In the years since then, however, changes in technology and the law have altered the constitutional calculus. Technological advances have revolutionized communications. People are communicating at a scale unimaginable just a few years ago. International phone calls, once difficult and expensive, are now as simple as flipping a light switch, and the Internet provides countless additional means of international communication. Globalization makes such exchanges as necessary as they are easy. As a result of these changes, the amount of information about Americans that the NSA intercepts, even when targeting foreigners overseas, has exploded.

Instead of increasing safeguards for Americans’ privacy as technology advances, the law has evolved in the opposite direction since 9/11. … While surveillance involving Americans previously required individualized court orders, it now happens through massive collection programs … involving no case-by-case judicial review. The pool of permissible targets is no longer limited to foreign powers – such as foreign governments or terrorist groups – and their agents. Furthermore, the government may invoke the FISA Court process even if its primary purpose is to gather evidence for a domestic criminal prosecution rather than to thwart foreign threats.

… [T]hese developments … have had a profound effect on the role exercised by the FISA Court. They have caused the court to veer off course, departing from its traditional role of ensuring that the government has sufficient cause to intercept communications or obtain records in particular cases and instead authorizing broad surveillance programs. It is questionable whether the court’s new role comports with Article III of the Constitution, which mandates that courts must adjudicate concrete disputes rather than issuing advisory opinions on abstract questions. The constitutional infirmity is compounded by the fact that the court generally hears only from the government, while the people whose communications are intercepted have no meaningful opportunity to challenge the surveillance, even after the fact.

Moreover, under current law, the FISA Court does not provide the check on executive action that the Fourth Amendment demands. Interception of communications generally requires the government to obtain a warrant based on probable cause of criminal activity. Although some courts have held that a traditional warrant is not needed to collect foreign intelligence, they have imposed strict limits on the scope of such surveillance and have emphasized the importance of close judicial scrutiny in policing these limits. The FISA Court’s minimal involvement in overseeing programmatic surveillance does not meet these constitutional standards.

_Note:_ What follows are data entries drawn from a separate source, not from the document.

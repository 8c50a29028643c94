-- ===== src/Driver/Restarts.antt =====
-- At-least-once delivery across the sessions of a driver.
use jack_courier_driver_pglg.Prelude.{
  List, [], ◌∷◌, Bool, true, false, Option, Bytes, ltb, if◌then◌else◌,
}
use jack_courier_driver_pglg.Errors.{ok, err}
use jack_courier_driver_pglg.Row.{Lsn}
use jack_courier_driver_pglg.Wal.{Decoders, new_wal_consumer, start_at}
use jack_courier_driver_pglg.Cursor.{cursor_lsn}
use jack_courier_driver_pglg.Flush.{Session}
use jack_courier_driver_pglg.Stream.{Limits, Stream, start}
use jack_courier_driver_pglg.Stream.Covered.{Tx}
use jack_courier_driver_pglg.Stream.Delivery.{Covers}
use jack_courier_driver_pglg.Stream.Resend.{Sends}
use jack_courier_driver_pglg.Driver.{World, Ran, SessionInputs, run_once, after_error}
use jack_courier_driver_pglg.Driver.Roles.{streams}

-- What is left of the sessions for the next one.
abbrev pub held : World → Session
held w = record {
  wal = start_at (cursor_lsn w.db) new_wal_consumer;
  db = w.db;
  submitted = w.submitted;
  answered = w.answered;
}

-- Each transaction of the WAL is handed over, its rows settled, or ends past the cursor.
abbrev pub CoversWal : List Tx → World → Type 0
CoversWal wal w = Covers wal (held w)

-- The transactions that end past an LSN: those that the server sends from there.
abbrev pub past_lsn : Lsn → List Tx → List Tx
past_lsn c [] = []
past_lsn c (t ∷ txs) = if ltb c t.0 then t ∷ past_lsn c txs else past_lsn c txs

-- The stream of a session that starts from the durable cursor.
abbrev pub session_stream : Limits → SessionInputs → World → Stream
session_stream cfg i w = start cfg i.now (cursor_lsn w.db) (held w)

-- What the next session starts from.
abbrev pub next_world : SessionInputs → Ran → World
next_world i (ok u, w) = w
next_world i (err e, w) = (after_error i e w).1

abbrev pub Where : Bool → Type 0 → Type 0
Where true P = P
Where false P = Unit

module _ (lib : Decoders) (cfg : Limits) (show_lsn : Lsn → Bytes)
    (parse_lsn : Bytes → Option Lsn) where
  -- In each session that streams, the server sends the transactions past the cursor in their order,
  -- and nothing of the first one before.
  abbrev pub Resends : List Tx → List SessionInputs → World → Type 0
  Resends wal [] w = Unit
  Resends wal (i ∷ is) w =
      Where (streams i)
        (Sends lib cfg (past_lsn (cursor_lsn w.db) wal) [] i.rounds (session_stream cfg i w))
      × Resends wal is (next_world i (run_once lib cfg show_lsn parse_lsn i w))
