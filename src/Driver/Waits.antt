-- ===== src/Driver/Waits.antt =====
-- The waits of Run between its sessions (driver.go): after a busy slot the retry delay with its
-- jitter, after any other error the backoff, which Run makes once.
pub mod Bounds
use jack_courier_driver_pglg.Prelude.{
  ℕ, zero, suc, ◌+◌, ◌*◌, ◌-◌, ◌^◌, ◌%◌, ◌≤◌, ◌<◌, ◌≡◌, refl, List, [], ◌∷◌, Bool, true, false,
  Option, none, some, Bytes, ℤ, pos, negsuc, sub_ℕ, wrap_int64, is_positive, All, arith,
  if◌then◌else◌,
}
use jack_courier_driver_pglg.Errors.{Error, Result, ok, err, slot_busy, connect, cancelled}
use jack_courier_driver_pglg.Row.{Lsn}
use jack_courier_driver_pglg.Wal.{Decoders, WalConsumer, new_wal_consumer}
use jack_courier_driver_pglg.Stream.{Limits}
use jack_courier_driver_pglg.Backoff.{Backoff, next}
use jack_courier_driver_pglg.Config.{Config, magnitude}
use jack_courier_driver_pglg.Driver.{World, Ran, SessionInputs, run_once, after_error}

-- rand.Int64N(int64(2*jitter+1)) - jitter + delay, for a draw of rand.Int64N; none where it panics,
-- as its argument is not positive.
unfoldable pub busy_delay : ℕ → ℕ → ℕ → Option ℤ
busy_delay delay jitter draw =
    if is_positive (wrap_int64 (pos (2 * jitter + 1)))
    then some (wrap_int64 (sub_ℕ (delay + draw) jitter))
    else none

-- The random numbers of one wait, of Int64N and of Float64.
pub record Draws : Type 0 where
  pub jitter : ℕ
  pub fraction : ℕ

-- The backoff after some waits.
abbrev pub backoff_at : Config → ℕ → Backoff
backoff_at c n = record {
  initial = magnitude c.reconnect_initial_delay;
  max_delay = magnitude c.reconnect_max_delay;
  attempt = n;
}

unfoldable pub wait_after : Config → Draws → Error → ℕ → Option ℤ
unfolding busy_delay next
wait_after c d slot_busy n =
    busy_delay (magnitude c.slot_busy_retry_delay) (magnitude c.slot_busy_retry_jitter) d.jitter
wait_after c d e n = some (pos (next d.fraction (backoff_at c n)).0)

-- A wait, with the error before it.
abbrev pub Waited : Type 0
Waited = Error × Option ℤ

-- `k` gives the waits after this one.
unfoldable pub waits_on : Ran → (World → List Waited) → List Waited
waits_on (ok u, w) k = k w
waits_on (err e, w) k = []

unfoldable pub waits_after :
    Config → SessionInputs → Draws → Ran → (World → List Waited) → List Waited
unfolding wait_after waits_on
waits_after c i d (ok u, w) k = []
waits_after c i d (err e, w) k =
    if i.stopped then [] else (e, wait_after c d e w.attempt) ∷ waits_on (after_error i e w) k

module _ (lib : Decoders) (cfg : Limits) (show_lsn : Lsn → Bytes)
    (parse_lsn : Bytes → Option Lsn) where
  -- The waits of Run over its sessions, in their order.
  unfoldable pub run_waits : Config → List (SessionInputs × Draws) → World → List Waited
  unfolding waits_after
  run_waits c [] w = []
  run_waits c ((i, d) ∷ is) w =
      waits_after c i d (run_once lib cfg show_lsn parse_lsn i w) (run_waits c is)
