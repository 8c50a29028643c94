-- ===== src/Driver/Waits/Bounds.antt =====
-- How long Run waits between its sessions.
use mathlib.Core.Path.{subst}
use jack_courier_driver_pglg.Prelude.{
  ℕ, suc, ◌+◌, ◌*◌, ◌^◌, ◌≤◌, ◌<◌, ◌≡◌, refl, List, [], ◌∷◌, Bool, true, false, Option, some, Bytes,
  ℤ, pos, sub_ℕ, All, arith, if◌then◌else◌,
}
use jack_courier_driver_pglg.Errors.{Error, Result, ok, err, slot_busy, connect}
use jack_courier_driver_pglg.Row.{Lsn}
use jack_courier_driver_pglg.Wal.{Decoders, WalConsumer, new_wal_consumer}
use jack_courier_driver_pglg.Stream.{Limits}
use jack_courier_driver_pglg.Backoff.Delays.{InRange, capped, next-InRange}
use jack_courier_driver_pglg.Config.{Config, magnitude}
use jack_courier_driver_pglg.Driver.{
  World, Ran, SessionInputs, Starting, unidentified, refused, started, start_streaming, stream,
  close_session, with_cursor, run_once, after_error,
}
use jack_courier_driver_pglg.Driver.Waits.{
  Draws, Waited, backoff_at, busy_delay, wait_after, waits_after, waits_on, run_waits,
}

-- The retry delay give or take the jitter.
abbrev pub NearRetry : Config → Option ℤ → Type 0
NearRetry c w =
    (k : ℕ) × (k ≤ 2 * magnitude c.slot_busy_retry_jitter)
    × (w
        ≡ some (sub_ℕ (magnitude c.slot_busy_retry_delay + k) (magnitude c.slot_busy_retry_jitter)))

-- From three quarters of the capped exponential delay after `n` waits up to the whole of it.
abbrev pub BacksOff : Config → ℕ → Option ℤ → Type 0
BacksOff c n w = (d : ℕ) × (w ≡ some (pos d)) × InRange (capped (backoff_at c n)) d

-- The waits in a row, the first after `n` waits of the backoff.
abbrev pub InTurn : Config → ℕ → List Waited → Type 0
InTurn c n [] = Unit
InTurn c n ((slot_busy, w) ∷ ws) = NearRetry c w × InTurn c n ws
InTurn c n ((e, w) ∷ ws) = BacksOff c n w × InTurn c (suc n) ws

-- What rand gives, for the jitter of a config.
abbrev pub Drawn : Config → Draws → Type 0
Drawn c d = (d.jitter < 2 * magnitude c.slot_busy_retry_jitter + 1) × (d.fraction < 2 ^ 53)

-- The durations leave room in an int64.
pub record HasRoom (c : Config) : Type 0 where
  pub jitter : magnitude c.slot_busy_retry_jitter < 2 ^ 62
  pub delay : magnitude c.slot_busy_retry_delay + magnitude c.slot_busy_retry_jitter < 2 ^ 63

busy_delay-near :
    (delay jitter k : ℕ)
    → jitter < 2 ^ 62
    → delay + jitter < 2 ^ 63
    → k < 2 * jitter + 1
    → busy_delay delay jitter k ≡ some (sub_ℕ (delay + k) jitter)
unfolding busy_delay
busy_delay-near delay jitter k small room h = ground arith

attempt-stream :
    (lib : Decoders) (cfg : Limits) (i : SessionInputs) (l : Lsn) (w : World) (c : WalConsumer)
    (s : Starting)
    → (stream lib cfg i l w (start_streaming s l c)).1.attempt ≡ w.attempt
unfolding stream start_streaming close_session
attempt-stream lib cfg i l w c unidentified = refl
attempt-stream lib cfg i l w c (refused b) = refl
attempt-stream lib cfg i l w c started = refl

attempt-with_cursor :
    (lib : Decoders) (cfg : Limits) (i : SessionInputs) (w : World) (r : Result Lsn)
    → (with_cursor lib cfg i w r).1.attempt ≡ w.attempt
unfolding with_cursor
attempt-with_cursor lib cfg i w (err e) = refl
attempt-with_cursor lib cfg i w (ok l) = go i.connect_ok
  where
    go :
        (b : Bool)
        → (if b
            then stream lib cfg i l w (start_streaming i.starting l new_wal_consumer)
            else (err connect, w)).1.attempt
          ≡ w.attempt
    go true = attempt-stream lib cfg i l w new_wal_consumer i.starting
    go false = refl

wait_after-InTurn :
    (c : Config) (d : Draws) (e : Error) (i : SessionInputs) (w : World) (ws : List Waited)
    → HasRoom c
    → Drawn c d
    → InTurn c (after_error i e w).1.attempt ws
    → InTurn c w.attempt ((e, wait_after c d e w.attempt) ∷ ws)
unfolding wait_after after_error
wait_after-InTurn c d slot_busy i w ws room h rest =
    ((d.jitter, omega arith, busy_delay-near _ _ d.jitter room.jitter room.delay h.0), rest)
wait_after-InTurn c d e i w ws room h rest = ((_, refl, next-InRange d.fraction _ h.1), rest)

waits_after-InTurn :
    (c : Config) (i : SessionInputs) (d : Draws) (r : Ran) (k : World → List Waited)
    → HasRoom c
    → Drawn c d
    → ((w : World) → InTurn c w.attempt (k w))
    → InTurn c r.1.attempt (waits_after c i d r k)
unfolding waits_after
waits_after-InTurn c i d (ok u, w) k room h f = tt
waits_after-InTurn c i d (err e, w) k room h f = go i.stopped
  where
    rest : (r : Ran) → InTurn c r.1.attempt (waits_on r k)
    rest (ok u, w') = unfold waits_on in f w'
    rest (err x, w') = unfold waits_on in tt

    go :
        (b : Bool)
        → InTurn c w.attempt
            (if b then [] else (e, wait_after c d e w.attempt) ∷ waits_on (after_error i e w) k)
    go true = tt
    go false = wait_after-InTurn c d e i w _ room h (rest (after_error i e w))

module _ (lib : Decoders) (cfg : Limits) (show_lsn : Lsn → Bytes) (parse_lsn : Bytes → Option Lsn)
    (c : Config) (room : HasRoom c) where
  attempt-run_once :
      (i : SessionInputs) (w : World)
      → (run_once lib cfg show_lsn parse_lsn i w).1.attempt ≡ w.attempt
  unfolding run_once
  attempt-run_once i w = attempt-with_cursor lib cfg i w _

  -- For any random numbers, Run waits after a busy slot for the retry delay give or take the jitter,
  -- and after any other error from three quarters of the capped exponential delay up to the whole
  -- of it; the exponent counts all the errors of the latter kind since the start of Run and is never
  -- reset. It needs that the delays leave room in an int64.
  pub run_waits-InTurn :
      (is : List (SessionInputs × Draws)) (w : World)
      → All (λ (p : SessionInputs × Draws). Drawn c p.1) is
      → InTurn c w.attempt (run_waits lib cfg show_lsn parse_lsn c is w)
  unfolding run_waits
  run_waits-InTurn [] w h = tt
  run_waits-InTurn ((i, d) ∷ is) w h =
      let r = run_once lib cfg show_lsn parse_lsn i w in
      subst (λ n. InTurn c n (waits_after c i d r (run_waits lib cfg show_lsn parse_lsn c is)))
        (attempt-run_once i w)
        (waits_after-InTurn c i d r _ room h.0 (λ w'. run_waits-InTurn is w' h.1))
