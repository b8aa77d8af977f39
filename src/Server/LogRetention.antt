-- ===== src/Server/LogRetention.antt =====
-- `plan_log_maintenance` (apps/lmt-server/src/lib.rs): which logs the retention policy lets expire.
-- `retention_ms` is `Duration::as_millis`; the sums are of sizes that are together below 2^64.
pub mod Loops
pub mod Books
pub mod Plan
pub mod Age
pub mod Need
use lzu_mirror_tools.Prelude.{
  ℕ, ◌+◌, ◌-◌, Bool, true, false, ◌&&◌, Option, none, some, List, [], ◌∷◌, ◌++◌, if◌then◌else◌,
  ◌==◌, is_none, leb,
}
use lzu_mirror_tools.Prelude.Int.{ℤ, pos, leb_ℤ, saturating_sub, i64_max}
use lzu_mirror_tools.Prelude.Text.{Text, text_eq}
use lzu_mirror_tools.Prelude.Tables.{exists_where, where_rows}
use lzu_mirror_tools.Store.Rows.{Db}
use lzu_mirror_tools.Store.Logs.{LogRetentionEntry, log_retention_entries}

pub record RunLogPolicy : Type 0 where
  pub retention_ms : Option ℕ
  pub max_total_bytes : Option ℕ

pub record LogExpirationView : Type 0 where
  pub run_id : Text
  pub attempt : ℕ
  pub stored_bytes : ℕ

pub record LogMaintenancePlan : Type 0 where
  pub stored_bytes : ℕ
  pub expire_bytes : ℕ
  pub candidates : List LogExpirationView

unfoldable pub live : LogRetentionEntry → Bool
live e = is_none e.expired_at_ms

unfoldable pub may_go : LogRetentionEntry → Bool
unfolding live
may_go e = live e && e.eligible

abbrev pub stored_sum : List LogRetentionEntry → ℕ
stored_sum [] = 0
stored_sum (e ∷ es) = e.stored_bytes + stored_sum es

abbrev pub expire_sum : List LogExpirationView → ℕ
expire_sum [] = 0
expire_sum (c ∷ cs) = c.stored_bytes + expire_sum cs

unfoldable pub names : LogRetentionEntry → LogExpirationView → Bool
names e c = text_eq c.run_id e.run_id && c.attempt == e.attempt_no

-- `projected` and `candidates`, the two variables of the loops.
abbrev pub Progress : Type 0
Progress = ℕ × List LogExpirationView

unfoldable pub push : LogRetentionEntry → Progress → Progress
push e (projected, candidates) = (
  projected - e.stored_bytes,
  candidates
      ++ record { run_id = e.run_id; attempt = e.attempt_no; stored_bytes = e.stored_bytes } ∷ [],
)

unfoldable pub age_cutoff : ℤ → RunLogPolicy → Option ℤ
age_cutoff now policy = elim policy.retention_ms [
  | none ↦ none
  | some ms ↦ some (saturating_sub now (if leb ms i64_max then pos ms else pos i64_max))
]

unfoldable pub is_older : Option ℤ → LogRetentionEntry → Bool
is_older none e = false
is_older (some cutoff) e = leb_ℤ e.updated_at_ms cutoff

-- The loop by age.
unfoldable pub expire_by_age : Option ℤ → List LogRetentionEntry → Progress → Progress
expire_by_age cutoff [] s = s
expire_by_age cutoff (e ∷ es) s =
    expire_by_age cutoff es (if is_older cutoff e then push e s else s)

-- The loop by size, which a small enough total ends.
unfoldable pub expire_by_size : ℕ → List LogRetentionEntry → Progress → Progress
expire_by_size cap [] s = s
expire_by_size cap (e ∷ es) s =
    let rest = expire_by_size cap es (if exists_where (names e) s.1 then s else push e s) in
    if leb s.0 cap then s else rest

unfoldable pub expire_over_cap : Option ℕ → List LogRetentionEntry → Progress → Progress
expire_over_cap none es s = s
expire_over_cap (some cap) es s = expire_by_size cap es s

unfoldable pub candidates_of : ℤ → RunLogPolicy → ℕ → List LogRetentionEntry → Progress
unfolding expire_over_cap expire_by_age
candidates_of now policy stored eligible =
    expire_over_cap policy.max_total_bytes eligible
      (expire_by_age (age_cutoff now policy) eligible (stored, []))

unfoldable pub plan_log_maintenance : ℤ → Option RunLogPolicy → Db → LogMaintenancePlan
unfolding candidates_of
plan_log_maintenance now none db = record {
  stored_bytes = stored_sum (where_rows live (log_retention_entries db));
  expire_bytes = 0;
  candidates = [];
}
plan_log_maintenance now (some policy) db =
    let entries = log_retention_entries db in
    let stored = stored_sum (where_rows live entries) in
    let (projected, candidates) = candidates_of now policy stored (where_rows may_go entries) in
    record { stored_bytes = stored; expire_bytes = expire_sum candidates; candidates = candidates }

Fundamental changes are needed to fix these flaws. Congress should end programmatic surveillance and require the government to obtain judicial approval whenever it seeks to obtain communications or information involving Americans. It should shore up the Article III soundness of the FISA Court by ensuring that the interests of those affected by surveillance are represented in court proceedings, increasing transparency, and facilitating the ability of affected individuals to challenge surveillance programs in regular federal courts. Finally, Congress should address additional Fourth Amendment concerns by narrowing the permissible scope of “foreign intelligence surveillance” and ensuring that it cannot be used as an end-run around the constitutional standards for criminal investigations.